Automated assessment of suspiciousness of people

in public spaces from path tracking


Neil C. Rowe, Jonathan Roberts, and E. John Custy

MOVES (Modeling, Virtual Reality, and Simulation) Institute

U.S.  Naval Postgraduate School, Monterey , CA 93943 USA

(831) 858-2462, fax (831) 656-2814

ncrowe at,, ejcusty at   




We assess the suspiciousness of people moving in a public space from images taken one per second.  We track people by comparing difference images with respect to the background and iteratively matching regions.  We then test deception clues of position, velocity, acceleration, relative size, inconsistency in path direction, and path shortness.


Keywords: surveillance, suspiciousness, body, tracking, deception









Detecting suspicious behavior in public spaces is important in combating theft and terrorism.  Automated monitoring is helpful because there are so many places to monitor and insufficient personnel to monitor them (Hackwood and Potter 1999).  Suspiciousness is not the same as anomalousness; suspiciousness requires additional evidence of deceptiveness in concealment or switching between goals.  Spatial aspects of crime are studied in environmental criminology (Rossmo 2000) and we can build on some of their results.  This work tested six simple suspiciousness factors from overall-body motions of people moving through a public area.  Limiting ourselves to such motions invades privacy less than methods that analyze faces and gestures (Leibe et al 2005; Meservy et al 2005) and such data is also obtainable from inexpensive networks of nonimaging sensors (Horton et al 2002).


Tracking of people


We used mostly standard methods to track people from a fixed camera viewpoint (Aggarwal and Cai 1997; Wren et al 1997; Green and Guan 2004), preferring region matching to particle filtering methods because it sufficed for the required level of accuracy.  We obtained sequences of still color photographs from a fixed camera of public scenes at our school from around 30 meters away.  Most were 320 by 240 pixels (higher resolutions did not provide significantly better performance), and were in sequences of around 100 images taken one per second (like Figure 1).  We constructed a background image for each sequence from nine images spaced evenly through the sequence, processed first in groups of three and then with the three intermediate images.  For each group of three and for each pixel, the color most different from the others was excluded, and the average taken of the remaining two.  Since moving objects were rare at any one pixel, this usually found the background color.  We then subtracted each image from the background image (with overall brightness adjusted to keep constant the mean brightness) and segmented using a difference-magnitude threshold set by training runs to yield 95% of the pixels of people in the images.
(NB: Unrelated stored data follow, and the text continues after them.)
-- ===== src/Pool/Worker.antt =====
-- A thread of the pool of src/emi_thread.c at the reads and writes of its members: `thread_func`
-- against `emi_thread_pool_submit` and `emi_thread_destroy`. The thread holds its lock but for the
-- time before it takes it and the time in `emi_cond_wait`; a submission writes and signals without
-- that lock, under the pool's lock, and a signal wakes a thread that waits and is lost on any other.
use emilib.Prelude.{ℕ, suc, ◌≡◌, Bool, true, Option, none, some, List, [], ◌∷◌, ◌++◌}

-- where the thread is: before it takes its lock, at the test of `func`, behind a test that found
-- NULL, in `emi_cond_wait`, woken there, in a job, between the two writes behind a job, at the pool's
-- lock, or at the end
pub data Place : Type 0 where
  starting : Place
  testing : Place
  blocking : Place
  waiting : Place
  woken : Place
  running : Place
  clearing : Place
  moving : Place
  ended : Place

pub data Status : Type 0 where
  thread_idle : Status
  thread_busy : Status
  thread_exit : Status

-- how far a submission of a function with its `args` is: there is none, `status` is written, or
-- `func` is
pub data Stage : Type 0 where
  unlocked : Stage
  marked : ℕ → ℕ → Stage
  filled : ℕ → Stage

-- `signals` are the submissions that have yet to signal; `given` records the functions that the
-- thread was given, and `started` those that it started, with the `args` that it read
pub record Worker : Type 0 where
  pub place : Place
  pub status : Status
  pub func : Option ℕ
  pub args : ℕ
  pub stage : Stage
  pub signals : ℕ
  pub given : List ℕ
  pub started : List (ℕ × ℕ)

-- `args` is not set
abbrev pub emi_thread_init : ℕ → Worker
emi_thread_init args = record {
  place = starting;
  status = thread_idle;
  func = none;
  args = args;
  stage = unlocked;
  signals = 0;
  given = [];
  started = [];
}

-- a signal
abbrev pub wake : Place → Place
wake waiting = woken
wake starting = starting
wake testing = testing
wake blocking = blocking
wake woken = woken
wake running = running
wake clearing = clearing
wake moving = moving
wake ended = ended

-- what the thread does next once it is woken
abbrev pub resumed : Status → Place
resumed thread_exit = ended
resumed thread_idle = testing
resumed thread_busy = testing

-- one step of the thread or of a submission
pub data Step : Worker → Worker → Type 0 where
  locks : {w : Worker} → w.place ≡ starting → Step w (record w { place = testing })
  finds_none :
      {w : Worker} → w.place ≡ testing → w.func ≡ none → Step w (record w { place = blocking })
  finds_job :
      {w : Worker} (f : ℕ)
      → w.place ≡ testing
      → w.func ≡ some f
      → Step w (record w { place = running; started = w.started ++ ((f, w.args) ∷ []) })
  waits : {w : Worker} → w.place ≡ blocking → Step w (record w { place = waiting })
  resumes : {w : Worker} → w.place ≡ woken → Step w (record w { place = resumed w.status })
  clears : {w : Worker} → w.place ≡ running → Step w (record w { place = clearing; func = none })
  idles :
      {w : Worker} → w.place ≡ clearing → Step w (record w { place = moving; status = thread_idle })
  moves :
      {w : Worker} → w.place ≡ moving → w.stage ≡ unlocked → Step w (record w { place = testing })
  sets_status :
      {w : Worker} (f a : ℕ)
      → w.stage ≡ unlocked
      → w.status ≡ thread_idle
      → Step w (record w { status = thread_busy; stage = marked f a })
  sets_func :
      {w : Worker} (f a : ℕ)
      → w.stage ≡ marked f a
      → Step w (record w { func = some f; stage = filled a; given = w.given ++ (f ∷ []) })
  sets_args :
      {w : Worker} (a : ℕ)
      → w.stage ≡ filled a
      → Step w (record w { args = a; stage = unlocked; signals = suc w.signals })
  signals_it :
      {w : Worker} (n : ℕ)
      → w.signals ≡ suc n
      → Step w (record w { place = wake w.place; signals = n })

-- a run, in which `emi_cond_wait` wakes up without a signal only if that is allowed
pub data Steps (spurious : Bool) (w : Worker) : Worker → Type 0 where
  here : Steps spurious w w
  next : {u v : Worker} → Steps spurious w u → Step u v → Steps spurious w v
  wakes :
      {u : Worker}
      → spurious ≡ true
      → Steps spurious w u
      → u.place ≡ waiting
      → Steps spurious w (record u { place = woken })

-- `emi_thread_destroy` up to `pthread_join`, once it has the thread's lock
abbrev pub emi_thread_destroy : Worker → Worker
emi_thread_destroy w = record w { place = wake w.place; status = thread_exit }
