-- ===== src/Pool/Order.antt =====
-- Which functions a thread of the pool of src/emi_thread.c runs, and in which order.
use emilib.Prelude.{
  ℕ, ◌≡◌, refl, sym, ap, ◌∙◌, Bool, true, false, Option, none, some, List, [], ◌∷◌, ◌++◌,
  append-nil, ◌⊎◌, inl, inr,
}
use mathlib.Core.Path.{subst}
use emilib.Pool.Worker.{
  Place, starting, testing, blocking, waiting, woken, running, clearing, moving, ended, Status,
  thread_idle, thread_busy, thread_exit, marked, Worker, emi_thread_init, wake, resumed, Step,
  locks, finds_none, finds_job, waits, resumes, clears, idles, moves, sets_status, sets_func,
  sets_args, signals_it, Steps, here, next, wakes,
}

-- whether the thread is in a job, and whether it is there or right behind it
abbrev is_running : Place → Bool
is_running running = true
is_running starting = false
is_running testing = false
is_running blocking = false
is_running waiting = false
is_running woken = false
is_running clearing = false
is_running moving = false
is_running ended = false

abbrev is_active : Place → Bool
is_active running = true
is_active clearing = true
is_active starting = false
is_active testing = false
is_active blocking = false
is_active waiting = false
is_active woken = false
is_active moving = false
is_active ended = false

-- the function that the thread was given and has not started
abbrev awaited : Bool → Option ℕ → List ℕ
awaited true f = []
awaited false none = []
awaited false (some f) = f ∷ []

abbrev functions : List (ℕ × ℕ) → List ℕ
functions [] = []
functions ((f, a) ∷ rest) = f ∷ functions rest

functions-append :
    (xs : List (ℕ × ℕ)) (f a : ℕ) → functions (xs ++ ((f, a) ∷ [])) ≡ functions xs ++ (f ∷ [])
functions-append [] f a = refl
functions-append ((g, b) ∷ xs) f a = ap (λ l. g ∷ l) (functions-append xs f a)

-- the functions that the thread started are those that it was given, in their order, but for one that
-- it has yet to start; a thread that says to be idle, or that a submission has just marked busy, has
-- no function and is in none
pub record InOrder (w : Worker) : Type 0 where
  pub order : w.given ≡ functions w.started ++ awaited (is_running w.place) w.func
  pub no_func : w.status ≡ thread_idle → w.func ≡ none
  pub not_active : w.status ≡ thread_idle → is_active w.place ≡ false
  pub just_marked :
      (f a : ℕ)
      → w.stage ≡ marked f a
      → (w.status ≡ thread_busy) × (w.func ≡ none) × (is_active w.place ≡ false)
  pub cleared : w.place ≡ clearing → w.func ≡ none

active_running : (p : Place) → is_active p ≡ false → is_running p ≡ false
active_running starting e = refl
active_running testing e = refl
active_running blocking e = refl
active_running waiting e = refl
active_running woken e = refl
active_running running e = e
active_running clearing e = refl
active_running moving e = refl
active_running ended e = refl

-- the thread goes from a place outside of its jobs to another
place-InOrder :
    (w : Worker) (p : Place)
    → InOrder w
    → is_active w.place ≡ false
    → is_active p ≡ false
    → InOrder (record w { place = p })
place-InOrder w p i e k = record {
  order =
      i.order
      ∙ ap (λ z. functions w.started ++ awaited z w.func)
          (active_running w.place e ∙ sym (active_running p k));
  no_func = i.no_func;
  not_active = λ q. k;
  just_marked = λ f a q. let (b, n, _) = i.just_marked f a q in (b, n, k);
  cleared = λ q. absurd (let x = ap is_active q in cc);
}

wake-cases : (p : Place) → (wake p ≡ p) ⊎ ((p ≡ waiting) × (wake p ≡ woken))
wake-cases starting = inl refl
wake-cases testing = inl refl
wake-cases blocking = inl refl
wake-cases waiting = inr (refl, refl)
wake-cases woken = inl refl
wake-cases running = inl refl
wake-cases clearing = inl refl
wake-cases moving = inl refl
wake-cases ended = inl refl

resumed-is_active : (s : Status) → is_active (resumed s) ≡ false
resumed-is_active thread_idle = refl
resumed-is_active thread_busy = refl
resumed-is_active thread_exit = refl

-- nothing is outstanding before a submission
settled :
    (w : Worker)
    → InOrder w
    → w.func ≡ none
    → is_active w.place ≡ false
    → w.given ≡ functions w.started
settled w i n k =
    i.order
    ∙ ap (λ z. functions w.started ++ awaited z w.func) (active_running w.place k)
    ∙ ap (λ z. functions w.started ++ awaited false z) n
    ∙ append-nil (functions w.started)

Step-InOrder : {w u : Worker} → InOrder w → Step w u → InOrder u
Step-InOrder {w} i (locks e) = place-InOrder w testing i (ap is_active e) refl
Step-InOrder {w} i (finds_none e f) = place-InOrder w blocking i (ap is_active e) refl
Step-InOrder {w} i (finds_job f e j) =
    let q : awaited (is_running w.place) w.func ≡ f ∷ [] = rw (e, j) refl in
    record {
      order =
          i.order
          ∙ ap (λ l. functions w.started ++ l) q
          ∙ sym (functions-append w.started f w.args)
          ∙ sym (append-nil (functions (w.started ++ ((f, w.args) ∷ []))));
      no_func = i.no_func;
      not_active = λ q. absurd (let none_left = i.no_func q in cc);
      just_marked = λ g a q. absurd (let (b, n, k) = i.just_marked g a q in cc);
      cleared = λ q. cc;
    }
Step-InOrder {w} i (waits e) = place-InOrder w waiting i (ap is_active e) refl
Step-InOrder {w} i (resumes e) =
    place-InOrder w (resumed w.status) i (ap is_active e) (resumed-is_active w.status)
Step-InOrder {w} i (clears e) = record {
  order = i.order ∙ ap (λ z. functions w.started ++ awaited z w.func) (ap is_running e);
  no_func = λ q. refl;
  not_active = λ q. absurd (let k = i.not_active q in let x = ap is_active e in cc);
  just_marked =
      λ g a q. absurd (let (b, n, k) = i.just_marked g a q in let x = ap is_active e in cc);
  cleared = λ q. refl;
}
Step-InOrder {w} i (idles e) = record {
  order = i.order ∙ ap (λ z. functions w.started ++ awaited z w.func) (ap is_running e);
  no_func = λ q. i.cleared e;
  not_active = λ q. refl;
  just_marked =
      λ g a q. absurd (let (b, n, k) = i.just_marked g a q in let x = ap is_active e in cc);
  cleared = λ q. cc;
}
Step-InOrder {w} i (moves e s) = place-InOrder w testing i (ap is_active e) refl
Step-InOrder {w} i (sets_status f a s e) = record {
  order = i.order;
  no_func = λ q. cc;
  not_active = λ q. cc;
  just_marked = λ g b q. (refl, i.no_func e, i.not_active e);
  cleared = i.cleared;
}
Step-InOrder {w} i (sets_func f a s) =
    let (b, n, k) = i.just_marked f a s in
    record {
      order =
          ap (λ l. l ++ (f ∷ [])) (settled w i n k)
          ∙ ap (λ z. functions w.started ++ awaited z (some f)) (sym (active_running w.place k));
      no_func = λ q. absurd (let c = b in cc);
      not_active = λ q. k;
      just_marked = λ g c q. cc;
      cleared = λ q. absurd (let x = ap is_active q in cc);
    }
Step-InOrder {w} i (sets_args a s) = record {
  order = i.order;
  no_func = i.no_func;
  not_active = i.not_active;
  just_marked = λ g b q. cc;
  cleared = i.cleared;
}
Step-InOrder {w} i (signals_it n e) =
    let same : InOrder (record w { signals = n }) = record {
      order = i.order;
      no_func = i.no_func;
      not_active = i.not_active;
      just_marked = i.just_marked;
      cleared = i.cleared;
    } in
    elim (wake-cases w.place) [
      | inl q ↦ subst (λ p. InOrder (record w { place = p; signals = n })) (sym q) same
      | inr (k, q) ↦
          subst (λ p. InOrder (record w { place = p; signals = n })) (sym q)
            (place-InOrder (record w { signals = n }) woken same (ap is_active k) refl)
    ]

Steps-InOrder : {b : Bool} {w u : Worker} → InOrder w → Steps b w u → InOrder u
Steps-InOrder i here = i
Steps-InOrder i (next r s) = Step-InOrder (Steps-InOrder i r) s
Steps-InOrder i (wakes {u} b r e) = place-InOrder u woken (Steps-InOrder i r) (ap is_active e) refl

-- in every state that a new thread comes to, with spurious wake-ups or without, it has started the
-- functions that it was given, each once and in their order, but for at most the last one; and it has
-- no function if it says to be idle. With which args it starts them is not said
pub emi_thread_init-InOrder :
    (args : ℕ) (spurious : Bool) (w : Worker) → Steps spurious (emi_thread_init args) w → InOrder w
emi_thread_init-InOrder args spurious w r =
    Steps-InOrder
      (record {
        order = refl;
        no_func = λ q. refl;
        not_active = λ q. refl;
        just_marked = λ f a q. cc;
        cleared = λ q. refl;
      })
      r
Figure 1: Example surveillance image.


Good estimation of the average size and shape of a person at a location in the image improved segmentation.  We fit regressions for person-region height as a quadratic function of the horizontal and vertical image coordinates.  Another clue is the height/width ratio of people, which averaged around 1.9 for instance for Figure 1.  When difference regions were more than 50% beyond the expected size or width of people (as when people walk side by side), we circumnavigated them to find concave points, then split the regions between pairs of points to maximize the evenness of the split.  When regions were too small (as when color differences disconnected the tops and bottoms of people), we merged the region pairs in good vertical alignment.  We tried to identify head and shadow regions since head regions should not be merged above and shadow regions should not be merged below; head regions are near-circular in a narrow range of sizes, and shadow regions often have low height/width ratios.  To test performance, we noted for six randomly chosen image sequences a total of134 regions that corresponded to most of a person, 8 that corresponded to less than half of a person, 14 regions that corresponded to more than one person, and 25 other regions (most of which due to camera jiggle).  Thus precision of finding whole people was 0.74; recall was around 0.98 since the only missed people were those stationary over 90 seconds.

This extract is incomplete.